ABOUT THIS PROJECT / LAW.06
An editorial reading of the regulatory record
What CJC-1295 Legal is, what it is not, and how the citations are sourced.
What this site is
CJC-1295 Legal is an independent editorial project that publishes summaries of the peer-reviewed research literature, the FDA briefing documents, the WADA Prohibited List, the NCAA banned-substance class, the Department of Defense supplement policy, and the underlying U.S. statutes that touch the long-acting GHRH analog CJC-1295. Our work is editorial commentary on publicly available science and publicly filed regulatory documents.
The site reads as a regulatory explainer rather than as a sales surface because the topic — what U.S. federal, anti-doping, and state regulatory law actually says about a compound that has never been approved for any human indication — is genuinely complicated and is widely misreported in popular and industry coverage. The two specific misreadings we work hardest to correct are (1) the claim that 21 U.S.C. § 333(e) — the human growth hormone criminal statute — clearly reaches GHRH analogs on its face, and (2) the claim that a research use only label on its own immunizes a product whose objective intended use is human administration. The first is contested in the commentary; the second is rejected outright by FDA under its intended-use doctrine.
What this site is not
Not a law firm. We do not provide legal advice. Nothing on this site creates an attorney-client relationship. If you have a specific legal question about your jurisdiction, your facility, your athletic eligibility, your immigration status, or your specific situation, talk to a lawyer admitted in your jurisdiction. Editorial framing in the domain name — the word Legal — is a position the publisher occupies relative to the underlying body of law, not a claim about the site's services.
Not a clinic. We do not employ clinicians or pharmacists, we do not prescribe, we do not diagnose, we do not refer, and we do not provide medical advice. There is no our doctors, no our clinical team, and no our pharmacists here. The site does not have a clinic affiliation, a physical address, or a telephone line answered by a healthcare worker.

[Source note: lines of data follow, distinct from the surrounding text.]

-- ===== src/Domain/Delivery/Dispatching.antt =====
-- crates/application/src/services/delivery.rs: the calls of the aggregate that a dispatch makes, on a scheduled
-- delivery.
use quantalithos_bus.Base.{
  ◌+◌, ◌%◌, ◌<◌, ◌≡◌, refl, ap, ◌∙◌, true, false, none, some, List, [], ◌∷◌, ◌++◌, arith, length,
  ok,
}
use quantalithos_bus.Base.Text.{is_blank, text_lt}
use quantalithos_bus.Contracts.Core.{Core}
use quantalithos_bus.Contracts.Status.{DeliveryStatus, BackendDeliveryStatus}
use quantalithos_bus.Contracts.Metadata.{
  u32_mod, next_attempt_no, increment, BackendCapabilityRef, BackendDeliveryResult,
  DeliveryAttemptId, dispatching_started, delivery_arrived, HistoryReason,
}
use quantalithos_bus.Base.Text.Laws.{text_eq_iff, text_eq_refl}
use quantalithos_bus.Domain.Delivery.Attempt.{
  DeliveryAttempt, find_attempt, replace_attempt, start, finish, is_finished,
}
use quantalithos_bus.Domain.Delivery.{DeliveryRecord, start_attempt, append_history, mark_delivered}
use quantalithos_bus.Domain.Delivery.History.{DeliveryHistoryEntry, transition, requires_history}
use quantalithos_bus.Domain.Delivery.Invariant.{Inv}
use quantalithos_bus.Domain.Delivery.Numbering.{find-fresh, find-snoc}
use mathlib.Core.List.{append_assoc}

module _ ⦃core : Core⦄ where
  open core use {ActorContext, Timestamp, time_as_str}

  -- The attempt of the dispatch, as started and as finished.
  abbrev pub first : DeliveryRecord → Timestamp → DeliveryAttempt
  first d started_at = start d.delivery_id (next_attempt_no d.attempt_count) started_at

  abbrev pub second : DeliveryAttempt → BackendDeliveryResult → Timestamp → DeliveryAttempt
  second a result finished_at = record a {
    backend_ref = result.backend_ref;
    finished_at = some finished_at;
    result_status = some result.status;
  }

  pub fresh :
      (d : DeliveryRecord) (t : Timestamp)
      → Inv d
      → length d.attempts + 1 < u32_mod
      → find_attempt (first d t).attempt_id d.attempts ≡ none
  unfolding start next_attempt_no
  fresh d t v l =
      find-fresh d.delivery_id 0 ((d.attempt_count + 1) % u32_mod) d.attempts v.numbered
        (rw v.counted (omega arith)) (omega arith)

  replace-snoc :
      (id : DeliveryAttemptId) (xs : List DeliveryAttempt) (a b : DeliveryAttempt)
      → find_attempt id xs ≡ none
      → a.attempt_id ≡ id
      → replace_attempt id b (xs ++ a ∷ []) ≡ xs ++ b ∷ []
  unfolding find_attempt replace_attempt
  replace-snoc id [] a b h e = ground (arith, text_eq_iff a.attempt_id id)
  replace-snoc id (x ∷ xs) a b h e = ground (arith, replace-snoc id xs a b)

  -- The record that a successful `start_attempt` leaves.
  abbrev pub started : DeliveryRecord → Timestamp → DeliveryRecord
  started d t = record d {
    attempt_count = increment d.attempt_count;
    last_attempt_ref = some (first d t).attempt_id;
    status = DeliveryStatus.dispatching;
    attempts = d.attempts ++ first d t ∷ [];
  }

  start_attempt-scheduled :
      (d : DeliveryRecord) (c : BackendCapabilityRef) (t : Timestamp)
      → d.status ≡ DeliveryStatus.scheduled
      → is_blank c.capability_id ≡ false
      → start_attempt d c t ≡ (started d t, ok (first d t))
  unfolding start_attempt
  start_attempt-scheduled d c t s b = ground arith

  pub append_history-transition :
      (d : DeliveryRecord) (from to : DeliveryStatus) (reason : HistoryReason) (at : Timestamp)
      → requires_history from to ≡ true
      → append_history d (transition d.delivery_id from to reason at) ≡ (
        record d { history = d.history ++ transition d.delivery_id from to reason at ∷ [] },
        ok tt,
      )
  unfolding append_history transition
  append_history-transition d from to reason at r = ground (arith, text_eq_refl d.delivery_id)

  finish-open :
      (a : DeliveryAttempt) (r : BackendDeliveryResult) (t : Timestamp)
      → a.finished_at ≡ none
      → text_lt (time_as_str t) (time_as_str a.started_at) ≡ false
      → finish a r t ≡ (second a r t, ok tt)
  unfolding finish
  finish-open a r t o h = ground arith

  mark_delivered-latest :
      (d : DeliveryRecord) (a b : DeliveryAttempt) (actor : ActorContext)
      → d.status ≡ DeliveryStatus.dispatching
      → b.delivery_id ≡ d.delivery_id
      → d.last_attempt_ref ≡ some b.attempt_id
      → is_finished b ≡ true
      → b.result_status ≡ some BackendDeliveryStatus.delivered
      → find_attempt b.attempt_id d.attempts ≡ some a
      → mark_delivered d b actor ≡ (
        record d {
          status = DeliveryStatus.delivered;
          attempts = replace_attempt b.attempt_id b d.attempts;
        },
        ok tt,
      )
  unfolding mark_delivered
  mark_delivered-latest d a b actor s own latest done status stored =
      ground (arith, text_eq_iff b.delivery_id d.delivery_id, text_eq_refl b.attempt_id)

  -- The history entries of a dispatch.
  abbrev pub dispatch_entries : DeliveryRecord → Timestamp → Timestamp → List DeliveryHistoryEntry
  dispatch_entries d started_at finished_at =
      transition d.delivery_id d.status DeliveryStatus.dispatching dispatching_started started_at
      ∷ transition d.delivery_id DeliveryStatus.dispatching DeliveryStatus.delivered
          delivery_arrived finished_at
      ∷ []

  -- The record that a dispatch leaves that the backend reports as delivered.
  abbrev pub arrived :
      DeliveryRecord → Timestamp → BackendDeliveryResult → Timestamp → DeliveryRecord
  arrived d started_at result finished_at = record d {
    attempt_count = increment d.attempt_count;
    last_attempt_ref = some (first d started_at).attempt_id;
    status = DeliveryStatus.delivered;
    attempts = d.attempts ++ second (first d started_at) result finished_at ∷ [];
    history = d.history ++ dispatch_entries d started_at finished_at;
  }

  -- The record once the dispatch has begun, and once it is marked as delivered.
  abbrev pub dispatching : DeliveryRecord → Timestamp → DeliveryRecord
  dispatching d started_at = record (started d started_at) {
    history =
        d.history
        ++ transition d.delivery_id d.status DeliveryStatus.dispatching dispatching_started
            started_at
          ∷ [];
  }

  abbrev pub marked :
      DeliveryRecord → Timestamp → BackendDeliveryResult → Timestamp → DeliveryRecord
  marked d started_at result finished_at = record (dispatching d started_at) {
    status = DeliveryStatus.delivered;
    attempts = d.attempts ++ second (first d started_at) result finished_at ∷ [];
  }

  -- The calls of a dispatch on such a delivery, one after the other.
  pub record Dispatch (d : DeliveryRecord) (c : BackendCapabilityRef) (t : Timestamp)
      (result : BackendDeliveryResult) (u : Timestamp) (actor : ActorContext) : Type 0 where
    pub starts : start_attempt d c t ≡ (started d t, ok (first d t))
    pub begins :
        append_history
          (started d t)
          (transition d.delivery_id d.status DeliveryStatus.dispatching dispatching_started t)
        ≡ (dispatching d t, ok tt)
    pub finishes : finish (first d t) result u ≡ (second (first d t) result u, ok tt)
    pub marks :
        mark_delivered (dispatching d t) (second (first d t) result u) actor
        ≡ (marked d t result u, ok tt)
    pub arrives :
        append_history (marked d t result u) (
          transition d.delivery_id DeliveryStatus.dispatching DeliveryStatus.delivered
            delivery_arrived u)
        ≡ (arrived d t result u, ok tt)

  pub scheduled-Dispatch :
      (d : DeliveryRecord) (c : BackendCapabilityRef) (t : Timestamp)
      (result : BackendDeliveryResult) (u : Timestamp) (actor : ActorContext)
      → Inv d
      → d.status ≡ DeliveryStatus.scheduled
      → length d.attempts + 1 < u32_mod
      → is_blank c.capability_id ≡ false
      → text_lt (time_as_str u) (time_as_str t) ≡ false
      → result.status ≡ BackendDeliveryStatus.delivered
      → Dispatch d c t result u actor
  unfolding start is_finished requires_history
  scheduled-Dispatch d c t result u actor v s l b order r =
      let a = first d t in
      let z = second a result u in
      let h = transition d.delivery_id d.status DeliveryStatus.dispatching dispatching_started t in
      let k =
        transition d.delivery_id DeliveryStatus.dispatching DeliveryStatus.delivered
          delivery_arrived u in
      let none_yet = fresh d t v l in
      record {
        starts = start_attempt-scheduled d c t s b;
        begins =
            append_history-transition (started d t) d.status DeliveryStatus.dispatching
              dispatching_started t (rw s refl);
        finishes = finish-open a result u refl order;
        marks =
            mark_delivered-latest (dispatching d t) a z actor refl refl refl refl (ap some r)
              (find-snoc a.attempt_id d.attempts a none_yet refl)
            ∙ ap (λ xs. (record (marked d t result u) { attempts = xs }, ok tt))
                (replace-snoc a.attempt_id d.attempts a z none_yet refl);
        arrives =
            append_history-transition (marked d t result u) DeliveryStatus.dispatching
              DeliveryStatus.delivered delivery_arrived u refl
            ∙ ap (λ xs. (record (marked d t result u) { history = xs }, ok tt))
                (append_assoc d.history (h ∷ []) (k ∷ []));
      }
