-- ===== src/Infra/Store/Saving.antt =====
-- Saving a delivery under its expected version.
use quantalithos_bus.Base.{ℕ, ◌+◌, ◌%◌, ◌≡◌, refl, true, false, some, ap, ◌∙◌, Result, ok}
use quantalithos_bus.Base.Text.{text_eq}
use quantalithos_bus.Base.Maps.{
  get-insert, get-insert_other, get, insert, remove, insert_all, text_key, id_key, pair_key,
}
use quantalithos_bus.Contracts.Core.{Core}
use quantalithos_bus.Contracts.Metadata.{DeliveryId}
use quantalithos_bus.Contracts.Projections.{u64_mod}
use quantalithos_bus.Application.Ports.{
  UnitOfWorkPurpose, UnitOfWorkHandle, CommitReceipt, RepositoryError, UnitOfWorkError,
}
use quantalithos_bus.Domain.Delivery.{DeliveryRecord}
use quantalithos_bus.Infra.Store.{MemoryStore, StagedTransaction, staged_new}
use quantalithos_bus.Infra.Store.Staging.{with_staged}
use quantalithos_bus.Infra.Store.Transactions.{
  begin_transaction, commit_transaction, commit_staged, commit_removed,
}
use quantalithos_bus.Infra.Store.Staging.{store_staged, with_found, save_found, stage_delivery_save}
use quantalithos_bus.Infra.Store.Queries.{delivery}

module _ ⦃core : Core⦄ where
  open core use {Version, version_eq, version_eq_iff, next_version}

  -- The record that a save at version `v` stages.
  abbrev pub saved : DeliveryRecord → Version → DeliveryRecord
  saved d v = record d { version = next_version v }

  abbrev pub with_delivery : StagedTransaction → DeliveryRecord → Version → StagedTransaction
  with_delivery t d v = record t { deliveries = insert d.delivery_id (saved d v) t.deliveries }

  pub stage_delivery_save-open :
      (s : MemoryStore) (id : ℕ) (t : StagedTransaction) (d : DeliveryRecord) (v : Version)
      → get id s.transactions ≡ some t
      → get d.delivery_id s.delivery_versions ≡ some v
      → stage_delivery_save s id d v ≡ (
        record s { transactions = insert id (with_delivery t d v) s.transactions },
        ok (next_version v),
      )
  unfolding stage_delivery_save save_found with_staged with_found store_staged
  stage_delivery_save-open s id t d v opened current =
      let same : version_eq v v ≡ true = (version_eq_iff v v).1 refl in
      rw (current, same, opened) refl

  pub commit_transaction-open :
      (s : MemoryStore) (handle : UnitOfWorkHandle) (t : StagedTransaction)
      → get handle.transaction_id s.transactions ≡ some t
      → commit_transaction s handle ≡ (
        commit_staged (record s { transactions = remove handle.transaction_id s.transactions }) t,
        ok (record { transaction_id = handle.transaction_id }),
      )
  unfolding commit_transaction commit_removed
  commit_transaction-open s handle t opened = rw opened refl

  -- begin, stage_delivery_save, commit.
  unfoldable pub save_in_one :
      MemoryStore
      → UnitOfWorkPurpose
      → DeliveryRecord
      → Version
      → MemoryStore × Result RepositoryError Version × Result UnitOfWorkError CommitReceipt
  unfolding begin_transaction stage_delivery_save commit_transaction
  save_in_one s purpose d v =
      let id = (s.next_transaction_id + 1) % u64_mod in
      let (begun, handle) = begin_transaction s purpose in
      let (staged, version) = stage_delivery_save begun id d v in
      let (after, receipt) =
        commit_transaction staged (record { transaction_id = id; purpose = purpose }) in
      (after, version, receipt)

  save_in_one_lem :
      (s : MemoryStore) (purpose : UnitOfWorkPurpose) (d : DeliveryRecord) (v : Version)
      → get d.delivery_id s.delivery_versions ≡ some v
      → let id = (s.next_transaction_id + 1) % u64_mod in
        let handle : UnitOfWorkHandle = record { transaction_id = id; purpose = purpose } in
        let t = with_delivery (staged_new purpose) d v in
        let begun = (begin_transaction s purpose).0 in
        let open_transactions = insert id t begun.transactions in
        save_in_one s purpose d v ≡ (
          commit_staged (record begun { transactions = remove id open_transactions }) t,
          ok (next_version v),
          ok (record { transaction_id = id }),
        )
  unfolding save_in_one begin_transaction
  save_in_one_lem s purpose d v current =
      let id = (s.next_transaction_id + 1) % u64_mod in
      let handle : UnitOfWorkHandle = record { transaction_id = id; purpose = purpose } in
      let fresh = staged_new purpose in
      let t = with_delivery fresh d v in
      let begun = (begin_transaction s purpose).0 in
      let staged = record begun { transactions = insert id t begun.transactions } in
      ap (λ p. let c = commit_transaction p.0 handle in (c.0, p.1, c.1))
        (stage_delivery_save-open begun id fresh d v (get-insert id fresh s.transactions) current)
      ∙ ap (λ c. (c.0, ok (next_version v), c.1))
          (commit_transaction-open staged handle t (get-insert id t begun.transactions))

  -- A transaction that saves a delivery at its committed version succeeds throughout: the record is stored under the
  -- next version, which is the one that later saves are compared with, and every other delivery stays.
  pub save_in_one-stores :
      (s : MemoryStore) (purpose : UnitOfWorkPurpose) (d : DeliveryRecord) (v : Version)
      → get d.delivery_id s.delivery_versions ≡ some v
      → let (after, version, receipt) = save_in_one s purpose d v in
        (version ≡ ok (next_version v))
        × (receipt ≡ ok (record { transaction_id = (s.next_transaction_id + 1) % u64_mod }))
        × (delivery after d.delivery_id ≡ some (saved d v))
        × (get d.delivery_id after.delivery_versions ≡ some (next_version v))
        × ((k : DeliveryId) → text_eq k d.delivery_id ≡ false → delivery after k ≡ delivery s k)
  unfolding begin_transaction delivery staged_new commit_staged insert_all insert
  save_in_one-stores s purpose d v current = rw (save_in_one_lem s purpose d v current) (
    refl,
    refl,
    get-insert d.delivery_id (saved d v) s.deliveries,
    get-insert d.delivery_id (next_version v) s.delivery_versions,
    λ k ne. get-insert_other k d.delivery_id (saved d v) s.deliveries ne,
  )
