-- ===== src/Controller/Finalizers/UserGroup.antt =====
-- pocketidusergroup_controller.go: the finalizer of a group goes only after its counterpart.
use pocketid_operator.Base.{
  ◌≡◌, String, true, is_empty, arith, inl, inr, eq_refl, string_eq, ◌||◌, ◌∷◌,
}
use pocketid_operator.Error.{Error, Result-cases}
use pocketid_operator.Api.Meta.{Key}
use pocketid_operator.Api.UserGroup.{UserGroup}
use pocketid_operator.PocketId.Request.{Client, method_delete, no_body}
use pocketid_operator.PocketId.Client.{
  do_request, delete_group, group_path, read_response, ignore_body, request,
}
use pocketid_operator.World.{Env, History, sent, on_error, put, send, ◌>>=◌}
use pocketid_operator.World.Keeps.{Keeps, keeps_rules}
use pocketid_operator.Controller.Steps.{step_rules}
use pocketid_operator.Controller.Access.{Access, refused, granted}
use pocketid_operator.Controller.UserGroup.Reconcile.{
  group_finalizer, update_error_status, drop_finalizer, delete_remote, handle_deletion,
  ensure_finalizer, sync_group, reconcile_live, reconcile_with, reconcile_group, reconcile,
}
use pocketid_operator.Controller.Footprint.UserGroup.{Keeps-update_error_status, Keeps-sync_group}
use pocketid_operator.Controller.Finalizers.{AddsFinalizers, clean, deleted_just_now, IsClean}
use pocketid_operator.Controller.Finalizers.Steps.{clean_steps}

ruleset group_steps = (clean_steps, Keeps-update_error_status, Keeps-sync_group)

module _ (env : Env) where
  refuses :
      (g : UserGroup) (r : String) (e : Error) → Keeps (IsClean env) (update_error_status env g r e)
  refuses g r e = search group_steps

  syncs : (c : Client) (g : UserGroup) → Keeps (IsClean env) (sync_group env c g)
  syncs c g = search group_steps

  -- The finalizer is there after it was added.
  Keeps-ensure_finalizer :
      AddsFinalizers env.lib → (g : UserGroup) → Keeps (IsClean env) (ensure_finalizer env g)
  unfolding ensure_finalizer put clean
  Keeps-ensure_finalizer adds g = record {
    at = λ h p. ground (arith, adds.contains-add g.metadata group_finalizer);
  }

  IsClean-drop_finalizer :
      (g : UserGroup) (h : History)
      → (is_empty g.status.group_id || deleted_just_now env (group_path g.status.group_id) h) ≡ true
      → IsClean env h
      → IsClean env (drop_finalizer env g h).1
  unfolding drop_finalizer put clean ◌>>=◌
  IsClean-drop_finalizer g h gone p = ground arith

  Keeps-delete_remote : (g : UserGroup) (c : Client) → Keeps (IsClean env) (delete_remote env g c)
  unfolding delete_remote delete_group do_request send clean ◌>>=◌
  Keeps-delete_remote g c = record {
    at = λ h p.
        let r = request c method_delete (group_path g.status.group_id) no_body in
        elim (Result-cases (read_response ignore_body tt (env.http h r))) [
          | inl (e, failed) ↦
              rw (failed, on_error) ((refuses g "DeleteGroupFailed" e).at (sent r ∷ h) p)
          | inr (_, done) ↦
              rw (done, on_error)
                (IsClean-drop_finalizer g (sent r ∷ h)
                  (ground (arith, eq_refl (group_path g.status.group_id))) p)
        ];
  }

  Keeps-drop_finalizer :
      (g : UserGroup)
      → is_empty g.status.group_id ≡ true
      → Keeps (IsClean env) (drop_finalizer env g)
  Keeps-drop_finalizer g unsynced = record {
    at = λ h p. IsClean-drop_finalizer g h (rw unsynced) p;
  }

  Keeps-handle_deletion :
      (g : UserGroup) (c : Client) → Keeps (IsClean env) (handle_deletion env g c)
  unfolding handle_deletion
  Keeps-handle_deletion g c = search (keeps_rules, Keeps-drop_finalizer, Keeps-delete_remote)

  Keeps-reconcile_with :
      AddsFinalizers env.lib
      → (g : UserGroup) (a : Access) → Keeps (IsClean env) (reconcile_with env g a)
  unfolding reconcile_with reconcile_live
  Keeps-reconcile_with adds g (refused r e) = refuses g r e
  Keeps-reconcile_with adds g (granted i c) =
      search (keeps_rules, Keeps-handle_deletion, Keeps-ensure_finalizer, syncs) depth 8

  -- A run of the user group reconciler, at any history that is clean, leaves a clean one: where it
  -- updates a group without its finalizer, the group has no counterpart in PocketID or that was
  -- deleted, with a request that the server granted, right before the update.
  pub reconcile-group-IsClean :
      AddsFinalizers env.lib
      → (key : Key) (h : History) → IsClean env h
      → IsClean env (reconcile env key h).1
  unfolding reconcile reconcile_group
  reconcile-group-IsClean adds key =
      let k : Keeps (IsClean env) (reconcile env key) =
        search (step_rules, clean_steps, Keeps-reconcile_with) depth 10 in
      k.at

Not a vendor. We do not manufacture, sell, distribute, market, recommend, or refer any product. We have no commercial relationship with any peptide supplier, compounding pharmacy, telehealth platform, anti-aging clinic, or research-chemical company. We do not run an affiliate program and we do not earn referral fees from any vendor or laboratory. There are no product links on this site for the simple reason that the site is not in the business of moving any product.
Editorial standards and sourcing
Every quantitative claim on every page is attributed to a primary source — a peer-reviewed paper, an FDA briefing document, a WADA publication, a U.S. Code provision, or (in a small number of cases) a legal-industry analysis where it offers a useful synthesis. Inline citations as [N] correspond to numeric IDs in the reference index on /references. Where a citation is paywalled, the linked surface is the most authoritative open-access version available (PubMed abstract, FDA docket page, Cornell Legal Information Institute statute text).
The site does not invent research. If a claim is not supported by a primary source in the reference index, it does not appear on the site. The editorial register is plain English and deliberately avoids both the legalistic hedging of a formal opinion letter and the hyperbolic anti-use prose that often colors peptide coverage in industry trade press — the goal is a clear, attributed reading of the law as it sits, not advocacy in either direction.
When a citation is updated — when WADA publishes a new annual Prohibited List, when FDA issues a new Warning Letter campaign, when PCAC takes additional action — the entry is revised in place. The version-dated nature of the regulatory record is one of the structural features the site is built to respect.